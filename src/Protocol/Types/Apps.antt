-- ===== src/Protocol/Types/Apps.antt =====
-- probes/app-server-ts: apps, one definition for each file.
use codex_waiting_plgin.Protocol.Schema.{
  Ty, arr, bool, dict, none_more, null_ty, obj, req, str, ◌&◌, ◌∪◌,
}

-- LegacyAppPathString.ts
abbrev pub legacy_app_path_string : Ty
legacy_app_path_string = str

-- v2/AppBranding.ts
abbrev pub app_branding : Ty
app_branding = obj (
    req "category" (str ∪ null_ty)
    & req "developer" (str ∪ null_ty)
    & req "website" (str ∪ null_ty)
    & req "privacyPolicy" (str ∪ null_ty)
    & req "termsOfService" (str ∪ null_ty)
    & req "isDiscoverableApp" bool
    & none_more)

-- v2/AppReview.ts
abbrev pub app_review : Ty
app_review = obj (req "status" str & none_more)

-- v2/AppScreenshot.ts
abbrev pub app_screenshot : Ty
app_screenshot =
    obj
      (req "url" (str ∪ null_ty) & req "fileId" (str ∪ null_ty) & req "userPrompt" str & none_more)

-- v2/AppMetadata.ts
abbrev pub app_metadata : Ty
app_metadata = obj (
    req "review" (app_review ∪ null_ty)
    & req "categories" (arr str ∪ null_ty)
    & req "subCategories" (arr str ∪ null_ty)
    & req "seoDescription" (str ∪ null_ty)
    & req "screenshots" (arr app_screenshot ∪ null_ty)
    & req "developer" (str ∪ null_ty)
    & req "version" (str ∪ null_ty)
    & req "versionId" (str ∪ null_ty)
    & req "versionNotes" (str ∪ null_ty)
    & req "firstPartyRequiresInstall" (bool ∪ null_ty)
    & req "showInComposerWhenUnlinked" (bool ∪ null_ty)
    & none_more)

-- v2/AppInfo.ts
abbrev pub app_info : Ty
app_info = obj (
    req "id" str
    & req "name" str
    & req "description" (str ∪ null_ty)
    & req "logoUrl" (str ∪ null_ty)
    & req "logoUrlDark" (str ∪ null_ty)
    & req "iconAssets" (dict str ∪ null_ty)
    & req "iconDarkAssets" (dict str ∪ null_ty)
    & req "distributionChannel" (str ∪ null_ty)
    & req "branding" (app_branding ∪ null_ty)
    & req "appMetadata" (app_metadata ∪ null_ty)
    & req "labels" (dict str ∪ null_ty)
    & req "installUrl" (str ∪ null_ty)
    & req "isAccessible" bool
    & req "isEnabled" bool
    & req "pluginDisplayNames" (arr str)
    & none_more)

-- v2/AppListUpdatedNotification.ts
abbrev pub app_list_updated_notification : Ty
app_list_updated_notification = obj (req "data" (arr app_info) & none_more)

-- v2/SkillsChangedNotification.ts
abbrev pub skills_changed_notification : Ty
skills_changed_notification = obj (none_more)
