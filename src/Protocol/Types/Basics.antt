-- ===== src/Protocol/Types/Basics.antt =====
-- probes/app-server-ts: basics, one definition for each file.
use codex_waiting_plgin.Protocol.Schema.{
  Ty, any, arr, bool, dict, lit, none_more, null_ty, num, obj, opt, req, str, ◌&◌, ◌∩◌, ◌∪◌,
}

-- AbsolutePathBuf.ts
abbrev pub absolute_path_buf : Ty
absolute_path_buf = str

-- MultiAgentMode.ts
abbrev pub multi_agent_mode : Ty
multi_agent_mode = obj (req "custom" str & none_more) ∪ lit "explicitRequestOnly" ∪ lit "proactive"

-- Personality.ts
abbrev pub personality : Ty
personality = lit "none" ∪ lit "friendly" ∪ lit "pragmatic"

-- v2/CapabilityRootLocation.ts
abbrev pub capability_root_location : Ty
capability_root_location =
    obj (req "type" (lit "environment") & req "environmentId" str & req "path" str & none_more)

-- v2/SelectedCapabilityRoot.ts
abbrev pub selected_capability_root : Ty
selected_capability_root = obj (req "id" str & req "location" capability_root_location & none_more)

-- LocalShellExecAction.ts
abbrev pub local_shell_exec_action : Ty
local_shell_exec_action = obj (
    req "command" (arr str)
    & req "timeout_ms" (num ∪ null_ty)
    & req "working_directory" (str ∪ null_ty)
    & req "env" (dict str ∪ null_ty)
    & req "user" (str ∪ null_ty)
    & none_more)

-- LocalShellAction.ts
abbrev pub local_shell_action : Ty
local_shell_action = obj (req "type" (lit "exec") & none_more) ∩ local_shell_exec_action

-- LocalShellStatus.ts
abbrev pub local_shell_status : Ty
local_shell_status = lit "completed" ∪ lit "in_progress" ∪ lit "incomplete"

-- v2/SortDirection.ts
abbrev pub sort_direction : Ty
sort_direction = lit "asc" ∪ lit "desc"

-- ModeKind.ts
abbrev pub mode_kind : Ty
mode_kind = lit "plan" ∪ lit "default"

-- v2/AdditionalContextKind.ts
abbrev pub additional_context_kind : Ty
additional_context_kind = lit "untrusted" ∪ lit "application"

-- v2/AdditionalContextEntry.ts
abbrev pub additional_context_entry : Ty
additional_context_entry = obj (req "value" str & req "kind" additional_context_kind & none_more)

-- v2/CyberAccessProgram.ts
abbrev pub cyber_access_program : Ty
cyber_access_program = lit "standard" ∪ lit "daybreakBlue" ∪ lit "daybreakRed"

-- v2/ByteRange.ts
abbrev pub byte_range : Ty
byte_range = obj (req "start" num & req "end" num & none_more)

-- ClientInfo.ts
abbrev pub client_info : Ty
client_info = obj (req "name" str & req "title" (str ∪ null_ty) & req "version" str & none_more)

-- InitializeCapabilities.ts
abbrev pub initialize_capabilities : Ty
initialize_capabilities = obj (
    req "experimentalApi" bool
    & req "requestAttestation" bool
    & opt "mcpServerOpenaiFormElicitation" bool
    & opt "optOutNotificationMethods" (arr str ∪ null_ty)
    & opt "extensions" (dict any ∪ null_ty)
    & none_more)

-- InitializeParams.ts
abbrev pub initialize_params : Ty
initialize_params = obj (
    req "clientInfo" client_info
    & req "capabilities" (initialize_capabilities ∪ null_ty)
    & none_more)

-- AgentPath.ts
abbrev pub agent_path : Ty
agent_path = str

-- v2/SubAgentActivityKind.ts
abbrev pub sub_agent_activity_kind : Ty
sub_agent_activity_kind = lit "started" ∪ lit "interacted" ∪ lit "interrupted" ∪ lit "completed"

-- InitializeResponse.ts
abbrev pub initialize_response : Ty
initialize_response = obj (
    req "userAgent" str
    & req "codexHome" absolute_path_buf
    & req "platformFamily" str
    & req "platformOs" str
    & none_more)

-- FileChange.ts
abbrev pub file_change : Ty
file_change =
    obj (req "type" (lit "add") & req "content" str & none_more)
    ∪ obj (req "type" (lit "delete") & req "content" str & none_more)
    ∪ obj (
        req "type" (lit "update")
        & req "unified_diff" str
        & req "move_path" (str ∪ null_ty)
        & none_more)

-- RequestId.ts
abbrev pub request_id : Ty
request_id = str ∪ num

-- v2/AttestationGenerateParams.ts
abbrev pub attestation_generate_params : Ty
attestation_generate_params = obj (none_more)

-- v2/CurrentTimeReadParams.ts
abbrev pub current_time_read_params : Ty
current_time_read_params = obj (req "threadId" str & none_more)

-- FuzzyFileSearchMatchType.ts
abbrev pub fuzzy_file_search_match_type : Ty
fuzzy_file_search_match_type = lit "file" ∪ lit "directory"

-- FuzzyFileSearchResult.ts
abbrev pub fuzzy_file_search_result : Ty
fuzzy_file_search_result = obj (
    req "root" str
    & req "path" str
    & req "match_type" fuzzy_file_search_match_type
    & req "file_name" str
    & req "score" num
    & req "indices" (arr num ∪ null_ty)
    & none_more)

-- v2/DesktopOnboardingEntrypoint.ts
abbrev pub desktop_onboarding_entrypoint : Ty
desktop_onboarding_entrypoint = lit "life_sciences"

-- v2/ContextCompactedNotification.ts
abbrev pub context_compacted_notification : Ty
context_compacted_notification = obj (req "threadId" str & req "turnId" str & none_more)

-- v2/DeprecationNoticeNotification.ts
abbrev pub deprecation_notice_notification : Ty
deprecation_notice_notification =
    obj (req "summary" str & req "details" (str ∪ null_ty) & none_more)

-- v2/FsChangedNotification.ts
abbrev pub fs_changed_notification : Ty
fs_changed_notification =
    obj (req "watchId" str & req "changedPaths" (arr absolute_path_buf) & none_more)

-- v2/AutoReviewDecisionSource.ts
abbrev pub auto_review_decision_source : Ty
auto_review_decision_source = lit "agent"

-- v2/PlanDeltaNotification.ts
abbrev pub plan_delta_notification : Ty
plan_delta_notification =
    obj (req "threadId" str & req "turnId" str & req "itemId" str & req "delta" str & none_more)

-- v2/ProjectChangeType.ts
abbrev pub project_change_type : Ty
project_change_type = lit "created" ∪ lit "updated" ∪ lit "deleted"

-- v2/ProjectChangedNotification.ts
abbrev pub project_changed_notification : Ty
project_changed_notification =
    obj (req "projectId" str & req "changeType" project_change_type & none_more)

-- v2/ResponseUsageMetadata.ts
abbrev pub response_usage_metadata : Ty
response_usage_metadata =
    obj (req "amount" (str ∪ null_ty) & req "metadata" (any ∪ null_ty) & none_more)

-- v2/RemoteControlConnectionStatus.ts
abbrev pub remote_control_connection_status : Ty
remote_control_connection_status =
    lit "disabled" ∪ lit "connecting" ∪ lit "connected" ∪ lit "errored"

-- v2/RemoteControlStatusChangedNotification.ts
abbrev pub remote_control_status_changed_notification : Ty
remote_control_status_changed_notification = obj (
    req "status" remote_control_connection_status
    & req "serverName" str
    & req "installationId" str
    & req "environmentId" (str ∪ null_ty)
    & none_more)

-- v2/ServerRequestResolvedNotification.ts
abbrev pub server_request_resolved_notification : Ty
server_request_resolved_notification =
    obj (req "threadId" str & req "requestId" request_id & none_more)

-- v2/StrictReviewRequiredNotification.ts
abbrev pub strict_review_required_notification : Ty
strict_review_required_notification =
    obj (req "threadId" str & req "turnId" str & req "startedAtMs" num & none_more)

-- v2/TerminalInteractionNotification.ts
abbrev pub terminal_interaction_notification : Ty
terminal_interaction_notification = obj (
    req "threadId" str
    & req "turnId" str
    & req "itemId" str
    & req "processId" str
    & req "stdin" str
    & none_more)

-- v2/WarningNotification.ts
abbrev pub warning_notification : Ty
warning_notification = obj (req "threadId" (str ∪ null_ty) & req "message" str & none_more)

-- v2/WindowsWorldWritableWarningNotification.ts
abbrev pub windows_world_writable_warning_notification : Ty
windows_world_writable_warning_notification =
    obj (req "samplePaths" (arr str) & req "extraCount" num & req "failedScan" bool & none_more)
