-- ===== src/Protocol/Types/Config.antt =====
-- probes/app-server-ts: config, one definition for each file.
use codex_waiting_plgin.Protocol.Schema.{
  Ty, arr, bool, lit, none_more, null_ty, num, obj, opt, req, str, ◌&◌, ◌∪◌,
}

-- v2/ApprovalsReviewer.ts
abbrev pub approvals_reviewer : Ty
approvals_reviewer = lit "user" ∪ lit "auto_review" ∪ lit "guardian_subagent"

-- v2/AskForApproval.ts
abbrev pub ask_for_approval : Ty
ask_for_approval =
    lit "untrusted"
    ∪ lit "on-request"
    ∪ obj (
        req "granular" (
          obj (
            req "sandbox_approval" bool
            & req "rules" bool
            & req "skill_approval" bool
            & req "request_permissions" bool
            & req "mcp_elicitations" bool
            & none_more))
        & none_more)
    ∪ lit "never"

-- v2/SandboxMode.ts
abbrev pub sandbox_mode : Ty
sandbox_mode = lit "read-only" ∪ lit "workspace-write" ∪ lit "danger-full-access"

-- v2/NetworkAccess.ts
abbrev pub network_access : Ty
network_access = lit "restricted" ∪ lit "enabled"

-- v2/ActivePermissionProfile.ts
abbrev pub active_permission_profile : Ty
active_permission_profile = obj (req "id" str & req "extends" (str ∪ null_ty) & none_more)

-- v2/FileSystemAccessMode.ts
abbrev pub file_system_access_mode : Ty
file_system_access_mode = lit "read" ∪ lit "write" ∪ lit "deny"

-- v2/AdditionalNetworkPermissions.ts
abbrev pub additional_network_permissions : Ty
additional_network_permissions = obj (req "enabled" (bool ∪ null_ty) & none_more)

-- v2/ExecPolicyAmendment.ts
abbrev pub exec_policy_amendment : Ty
exec_policy_amendment = arr str

-- v2/NetworkPolicyRuleAction.ts
abbrev pub network_policy_rule_action : Ty
network_policy_rule_action = lit "allow" ∪ lit "deny"

-- v2/NetworkPolicyAmendment.ts
abbrev pub network_policy_amendment : Ty
network_policy_amendment =
    obj (req "host" str & req "action" network_policy_rule_action & none_more)

-- v2/CommandExecutionApprovalDecision.ts
abbrev pub command_execution_approval_decision : Ty
command_execution_approval_decision =
    lit "accept"
    ∪ lit "acceptForSession"
    ∪ obj (
        req "acceptWithExecpolicyAmendment"
          (obj (req "execpolicy_amendment" exec_policy_amendment & none_more))
        & none_more)
    ∪ obj (
        req "applyNetworkPolicyAmendment"
          (obj (req "network_policy_amendment" network_policy_amendment & none_more))
        & none_more)
    ∪ lit "decline"
    ∪ lit "cancel"

-- v2/CommandExecutionApprovalKind.ts
abbrev pub command_execution_approval_kind : Ty
command_execution_approval_kind = lit "command" ∪ lit "writeStdin"

-- v2/NetworkApprovalProtocol.ts
abbrev pub network_approval_protocol : Ty
network_approval_protocol = lit "http" ∪ lit "https" ∪ lit "socks5Tcp" ∪ lit "socks5Udp"

-- v2/NetworkApprovalContext.ts
abbrev pub network_approval_context : Ty
network_approval_context =
    obj (req "host" str & req "protocol" network_approval_protocol & none_more)

-- v2/FileChangeRequestApprovalParams.ts
abbrev pub file_change_request_approval_params : Ty
file_change_request_approval_params = obj (
    req "threadId" str
    & req "turnId" str
    & req "itemId" str
    & req "startedAtMs" num
    & opt "reason" (str ∪ null_ty)
    & opt "grantRoot" (str ∪ null_ty)
    & none_more)

-- v2/EnvironmentConnectionNotification.ts
abbrev pub environment_connection_notification : Ty
environment_connection_notification = obj (req "threadId" str & req "environmentId" str & none_more)

-- v2/ExternalAgentConfigMigrationItemType.ts
abbrev pub external_agent_config_migration_item_type : Ty
external_agent_config_migration_item_type =
    lit "AGENTS_MD"
    ∪ lit "CONFIG"
    ∪ lit "SKILLS"
    ∪ lit "PLUGINS"
    ∪ lit "MCP_SERVER_CONFIG"
    ∪ lit "SUBAGENTS"
    ∪ lit "HOOKS"
    ∪ lit "COMMANDS"
    ∪ lit "MEMORY"
    ∪ lit "SESSIONS"

-- v2/ExternalAgentConfigImportItemTypeFailure.ts
abbrev pub external_agent_config_import_item_type_failure : Ty
external_agent_config_import_item_type_failure = obj (
    req "itemType" external_agent_config_migration_item_type
    & req "errorType" (str ∪ null_ty)
    & req "subErrorType" (str ∪ null_ty)
    & req "failureStage" str
    & req "message" str
    & req "cwd" (str ∪ null_ty)
    & req "source" (str ∪ null_ty)
    & none_more)

-- v2/ExternalAgentConfigImportItemTypeSuccess.ts
abbrev pub external_agent_config_import_item_type_success : Ty
external_agent_config_import_item_type_success = obj (
    req "itemType" external_agent_config_migration_item_type
    & req "cwd" (str ∪ null_ty)
    & req "source" (str ∪ null_ty)
    & req "target" (str ∪ null_ty)
    & req "title" (str ∪ null_ty)
    & none_more)

-- v2/ExternalAgentConfigImportTypeResult.ts
abbrev pub external_agent_config_import_type_result : Ty
external_agent_config_import_type_result = obj (
    req "itemType" external_agent_config_migration_item_type
    & req "successes" (arr external_agent_config_import_item_type_success)
    & req "failures" (arr external_agent_config_import_item_type_failure)
    & none_more)

-- v2/ExternalAgentConfigImportCompletedNotification.ts
abbrev pub external_agent_config_import_completed_notification : Ty
external_agent_config_import_completed_notification = obj (
    req "importId" str
    & req "itemTypeResults" (arr external_agent_config_import_type_result)
    & none_more)

-- v2/ExternalAgentConfigImportProgressNotification.ts
abbrev pub external_agent_config_import_progress_notification : Ty
external_agent_config_import_progress_notification = obj (
    req "importId" str
    & req "itemTypeResults" (arr external_agent_config_import_type_result)
    & none_more)

-- v2/GuardianWarningNotification.ts
abbrev pub guardian_warning_notification : Ty
guardian_warning_notification = obj (req "threadId" str & req "message" str & none_more)

-- v2/GuardianApprovalReviewStatus.ts
abbrev pub guardian_approval_review_status : Ty
guardian_approval_review_status =
    lit "inProgress" ∪ lit "approved" ∪ lit "denied" ∪ lit "timedOut" ∪ lit "aborted"

-- v2/GuardianRiskLevel.ts
abbrev pub guardian_risk_level : Ty
guardian_risk_level = lit "low" ∪ lit "medium" ∪ lit "high" ∪ lit "critical"

-- v2/GuardianCommandSource.ts
abbrev pub guardian_command_source : Ty
guardian_command_source = lit "shell" ∪ lit "unifiedExec"

-- v2/WindowsSandboxSetupMode.ts
abbrev pub windows_sandbox_setup_mode : Ty
windows_sandbox_setup_mode = lit "elevated" ∪ lit "unelevated"

-- v2/WindowsSandboxSetupCompletedNotification.ts
abbrev pub windows_sandbox_setup_completed_notification : Ty
windows_sandbox_setup_completed_notification = obj (
    req "mode" windows_sandbox_setup_mode
    & req "success" bool
    & req "error" (str ∪ null_ty)
    & none_more)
*-*-*
AIM OF THE EXERCISE: Only the lines above starting at the line that holds "mode_kind = lit" and ending at the line that holds "abbrev pub client_info : Ty" are to be repeated, exactly and in full.

RESPONSE TO THE TASK:
mode_kind = lit "plan" ∪ lit "default"

-- v2/AdditionalContextKind.ts
abbrev pub additional_context_kind : Ty
additional_context_kind = lit "untrusted" ∪ lit "application"

-- v2/AdditionalContextEntry.ts
abbrev pub additional_context_entry : Ty
additional_context_entry = obj (req "value" str & req "kind" additional_context_kind & none_more)

-- v2/CyberAccessProgram.ts
abbrev pub cyber_access_program : Ty
cyber_access_program = lit "standard" ∪ lit "daybreakBlue" ∪ lit "daybreakRed"

-- v2/ByteRange.ts
abbrev pub byte_range : Ty
byte_range = obj (req "start" num & req "end" num & none_more)

-- ClientInfo.ts
abbrev pub client_info : Ty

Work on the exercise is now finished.